An interview with Bruce Pavitt and Jonathan Poneman in Hype! suggested that irony had been essential to the breakthrough of alternative rock from the beginning. The pair described how they’d created Sub Pop to be an indie-rock ‘hit factory’ that might compete with major labels on an international level.10 But since they knew that these ambitions would be frowned upon in the indie community, they turned the label’s business aspirations into an ironic joke about the music business. Sub Pop advertised its wares with knowingly crass corporate slogans, and joked in its press releases about the lengths it would go to exploit its artists and rip off their fans. Stunts like these allowed the label and its artists, as Michael Azerrad put it, to ‘quest for ever-higher levels of money and exposure while laughing it off as a joke about questing for ever-higher levels of money and exposure’.11 ‘We went along with it’ said Tad Danielsen, speaking of Sub Pop’s late eighties marketing pitch. ‘It seemed kind of funny at the time.’12

‘Irony,’ wrote Mondo 2000 scribe Andrew Hultkrans, ‘is the X-er’s true birthright.’ Certainly, irony seemed to be everywhere in 1996, an impression heightened by the ubiquity of Alanis Morissette’s second single, ‘Ironic’. In an online essay published at the height of the song’s popularity, Matt Sturges concluded that of the eleven scenarios presented in the song, only two could be properly considered ironic (though Sturges awarded a half-point for ‘it’s the good advice that you just didn’t take’). But most people knew what irony was when they saw it, even if Morissette and her songwriting partner Glen Ballard appeared not to.
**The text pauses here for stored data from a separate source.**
-- ===== src/Pci/Access/Flags.antt =====
-- The flags that the device keeps beside its command and MSI-X registers.
use praid.Common.{
  ℕ, zero, suc, ◌+◌, ◌*◌, ◌/◌, ◌%◌, ◌^◌, ◌<◌, ◌≤◌, ◌≡◌, ◌≢◌, refl, sym, ap, ◌∙◌, arith, Bool-cases,
  inl, inr, true, ◌&&◌, not, ltb, ◌==◌, if◌then◌else◌, List, [], ◌∷◌,
}
use praid.Common.Digits.{bit, bit-lt, bit-zero, bit-add_eight, bit-bit_xor, bit_and-pow}
use praid.Device.Word.{IsBytes}
use praid.Pci.Space.{load_bytes, bit-load_bytes, load_bytes-lt, bit-byte}
use praid.Pci.Access.{PciSpace, mask_of, test, write_flags, pciev_pci_write}
use praid.Pci.Access.Digits.{pciev_pci_write-digit}
use praid.Pci.Access.Kept.{HostWrite, IsFit, AllFit, host_writes, kept_digit, write-IsBytes}
use Prim.Native.Nat.{bit_xor}

-- `intx_disabled` is digit 10 of the command register, and `msix_enabled` digit 15 of the MSI-X
-- one, once the device is there.
pub record IsSynced (s : PciSpace) : Type 0 where
  pub intx : s.intx_disabled ≡ (bit (s.virt_dev 5) 2 == 1)
  pub msix : s.pdev ≡ true → s.msix_enabled ≡ (bit (s.virt_dev 0x53) 7 == 1)

pub test_intx : (a : ℕ) → test a 0x400 ≡ (bit a 10 == 1)
test_intx a = ground (arith, bit_and-pow 10 a, bit-lt a 10)

test_msix : (a : ℕ) → test a 0x8000 ≡ (bit a 15 == 1)
test_msix a = ground (arith, bit_and-pow 15 a, bit-lt a 15)

-- The flags behind a write.
module _ (s : PciSpace) (offs val new : ℕ) where
  intx_after :
      (write_flags s offs val new).intx_disabled
      ≡ (if offs == 4 && not (bit val 10 == bit new 10) then bit new 10 == 1 else s.intx_disabled)
  unfolding write_flags
  intx_after = ground (
    arith,
    test_intx (bit_xor val new),
    test_intx new,
    bit-bit_xor 10 val new,
    bit-lt val 10,
    bit-lt new 10,
  )

  msix_after :
      s.pdev ≡ true
      → (write_flags s offs val new).msix_enabled ≡ (
          if offs == 0x52 && not (bit val 15 == bit new 15)
          then bit new 15 == 1
          else s.msix_enabled)
  unfolding write_flags
  msix_after there = ground (
    arith,
    there,
    test_msix (bit_xor val new),
    test_msix new,
    bit-bit_xor 15 val new,
    bit-lt val 15,
    bit-lt new 15,
  )

  pdev_after : (write_flags s offs val new).pdev ≡ s.pdev
  unfolding write_flags
  pdev_after = ground arith

mask_command : (offs i : ℕ) → i < 4 → offs + i ≡ 5 → offs ≢ 4 → mask_of offs / 256 ^ i % 256 ≡ 0
unfolding mask_of
mask_command offs zero h e n = ground arith
mask_command offs (suc zero) h e n = ground arith
mask_command offs (suc (suc zero)) h e n = ground arith
mask_command offs (suc (suc (suc zero))) h e n = ground arith
mask_command offs (suc (suc (suc (suc i)))) h e n = absurd (omega arith)

mask_msix : (offs i : ℕ) → i < 4 → offs + i ≡ 0x53 → offs ≢ 0x52 → mask_of offs / 256 ^ i % 256 ≡ 0
unfolding mask_of
mask_msix offs zero h e n = ground arith
mask_msix offs (suc zero) h e n = ground arith
mask_msix offs (suc (suc zero)) h e n = ground arith
mask_msix offs (suc (suc (suc zero))) h e n = ground arith
mask_msix offs (suc (suc (suc (suc i)))) h e n = absurd (omega arith)

masked :
    (offs i j : ℕ) → j < 8 → mask_of offs / 256 ^ i % 256 ≡ 0 → bit (mask_of offs) (8 * i + j) ≡ 0
masked offs i j lt e = sym (bit-byte i (mask_of offs) j lt) ∙ ap (λ (b : ℕ). bit b j) e ∙ bit-zero j

short_pow : (n : ℕ) → n ≤ 1 → 256 ^ n ≤ 256
short_pow zero h = omega arith
short_pow (suc zero) h = omega arith
short_pow (suc (suc n)) h = absurd (omega arith)

above_byte : (a j : ℕ) {n : ℕ} → a < n → n ≤ 256 → bit a (8 + j) ≡ 0
above_byte a j h lt =
    let none' : a / 256 ≡ 0 = omega (arith, h, lt) in
    bit-add_eight a j ∙ ap (λ (b : ℕ). bit b j) none' ∙ bit-zero j

command_mask : bit (mask_of 4) 10 ≡ 1
unfolding mask_of bit
command_mask = refl

msix_flags_mask : bit (mask_of 0x52) 15 ≡ 1
unfolding mask_of bit
msix_flags_mask = refl

module _ (s : PciSpace) (w : HostWrite) (bytes : IsBytes s.virt_dev) (fit : IsFit w) where
  abbrev after : PciSpace
  after = pciev_pci_write s w.devfn w.offs w.size w.value

  abbrev val : ℕ
  val = load_bytes w.size s.virt_dev w.offs

  -- A digit of the second byte of a register that only a write at the register may change.
  register_digit :
      (at j : ℕ)
      → j < 8
      → at ≢ 5
      → bit (mask_of at) (8 * 1 + j) ≡ 1
      → ((offs i : ℕ) → i < 4 → offs + i ≡ at + 1 → offs ≢ at → mask_of offs / 256 ^ i % 256 ≡ 0)
      → bit (after.virt_dev (at + 1)) j ≡ (
          if w.offs == at && ltb 1 w.size
          then bit w.value (8 * 1 + j)
          else bit (s.virt_dev (at + 1)) j)
  register_digit at j lt n one others = elim (Bool-cases (w.offs == at && ltb 1 w.size)) [
    | inl hit ↦
        let place : w.offs ≡ at = ground (arith, hit) in
        let long : 1 < w.size = ground (arith, hit) in
        let mask_one : bit (mask_of w.offs) (8 * 1 + j) ≡ 1 = rw place one in
        let digit = pciev_pci_write-digit s w.devfn w.offs w.size w.value 1 j bytes fit.0 long lt in
        rw (hit, ← place) (rw mask_one at digit)
    | inr miss ↦ rw miss (
        kept_digit s w (at + 1) j bytes fit.0 lt (inl (λ six. n (omega (arith, six))))
          (λ i short place. masked w.offs i j lt (
            others w.offs i (omega (arith, short, fit.0)) place
              (λ same. absurd (ground (arith, same, place, short, miss))))))
  ]

  -- The second byte of the old value, and of the new one where only one byte is written.
  val_digit :
      (at j : ℕ)
      → j < 8
      → w.offs ≡ at
      → 1 < w.size
      → bit val (8 * 1 + j) ≡ bit (s.virt_dev (at + 1)) j
  val_digit at j lt place long =
      rw (← place) (bit-load_bytes w.size w.offs 1 j s.virt_dev bytes long lt)

  short_value : (j : ℕ) → w.size ≤ 1 → (bit val (8 + j) ≡ 0) × (bit w.value (8 + j) ≡ 0)
  short_value j h = (
    above_byte val j (load_bytes-lt w.size w.offs s.virt_dev bytes) (short_pow w.size h),
    above_byte w.value j fit.1 (short_pow w.size h),
  )

  intx-after :
      s.intx_disabled ≡ (bit (s.virt_dev 5) 2 == 1)
      → after.intx_disabled ≡ (bit (after.virt_dev 5) 2 == 1)
  intx-after h =
      let digit =
        register_digit 4 2 (omega arith) (λ e. absurd (omega (arith, e))) command_mask
          mask_command in
      let flag : after.intx_disabled ≡ (
          if w.offs == 4 && not (bit val 10 == bit w.value 10)
          then bit w.value 10 == 1
          else s.intx_disabled) =
        unfold pciev_pci_write in intx_after s w.offs val w.value in
      ground (arith, digit, flag, val_digit 4 2, short_value 2, h)

  msix-after :
      s.pdev ≡ true
      → s.msix_enabled ≡ (bit (s.virt_dev 0x53) 7 == 1)
      → after.msix_enabled ≡ (bit (after.virt_dev 0x53) 7 == 1)
  msix-after there h =
      let digit =
        register_digit 0x52 7 (omega arith) (λ e. absurd (omega (arith, e))) msix_flags_mask
          mask_msix in
      let flag : after.msix_enabled ≡ (
          if w.offs == 0x52 && not (bit val 15 == bit w.value 15)
          then bit w.value 15 == 1
          else s.msix_enabled) =
        unfold pciev_pci_write in msix_after s w.offs val w.value there in
      ground (arith, digit, flag, val_digit 0x52 7, short_value 7, h)

  write-IsSynced : IsSynced s → IsSynced after
  write-IsSynced v =
      let same : after.pdev ≡ s.pdev = unfold pciev_pci_write in pdev_after s w.offs val w.value in
      record {
        intx = intx-after v.intx;
        msix = λ there.
            let there' : s.pdev ≡ true = sym same ∙ there in msix-after there' (v.msix there');
      }

-- Whatever a host writes, in accesses of at most four bytes, `intx_disabled` stays the interrupt
-- digit of the command register, and `msix_enabled` the enable digit of the MSI-X one.
pub host_writes-IsSynced :
    (s : PciSpace) (ws : List HostWrite)
    → IsBytes s.virt_dev
    → AllFit ws
    → IsSynced s
    → IsSynced (host_writes s ws)
unfolding host_writes
host_writes-IsSynced s [] bytes fit v = v
host_writes-IsSynced s (w ∷ ws) bytes (fit, later) v =
    host_writes-IsSynced (pciev_pci_write s w.devfn w.offs w.size w.value) ws
      (write-IsBytes s w.devfn w.offs w.size w.value bytes) later (write-IsSynced s w bytes fit v)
As he watched Tom Morello eat McDonald’s French fries within sight of the monument to the 1907 uprising in Moscow, Rage Against the Machine bassist Tim Bob Commerford was fairly sure he’d seen a prime example. ‘Isn’t it ironic?’ he sang, doing his best Alanis impersonation. ‘Don’t you think?’ In October, music writer Elizabeth Gilbert went to Las Vegas to do a story on the newly opened Hard Rock Hotel and Casino. The building was a typical Vegas folly – a luxury hotel complex the size of three city blocks with a twenty- storey high Fender Strat sticking out the top. The inside was a riot of autographed guitars, rock-themed cocktail bars and ‘Anarchy in the USA’ slot machines. But Gilbert barely made it through the lobby. ‘I am momentarily paralysed by what I see when checking in at the Hard Rock,’ she wrote. ‘Right above the front desk, big cheerful brass letters spell out, “Here we are now, entertain us”. Underneath, smaller letters note, almost parenthetically, “Kurt Cobain”.’ As the desk clerk beamed at her and told her to have a nice day, Gilbert wondered whether there was any room for ‘in-betweening’ in a place like the Hard Rock, whether, in 1996, alternative rock had anything more to learn from Las Vegas.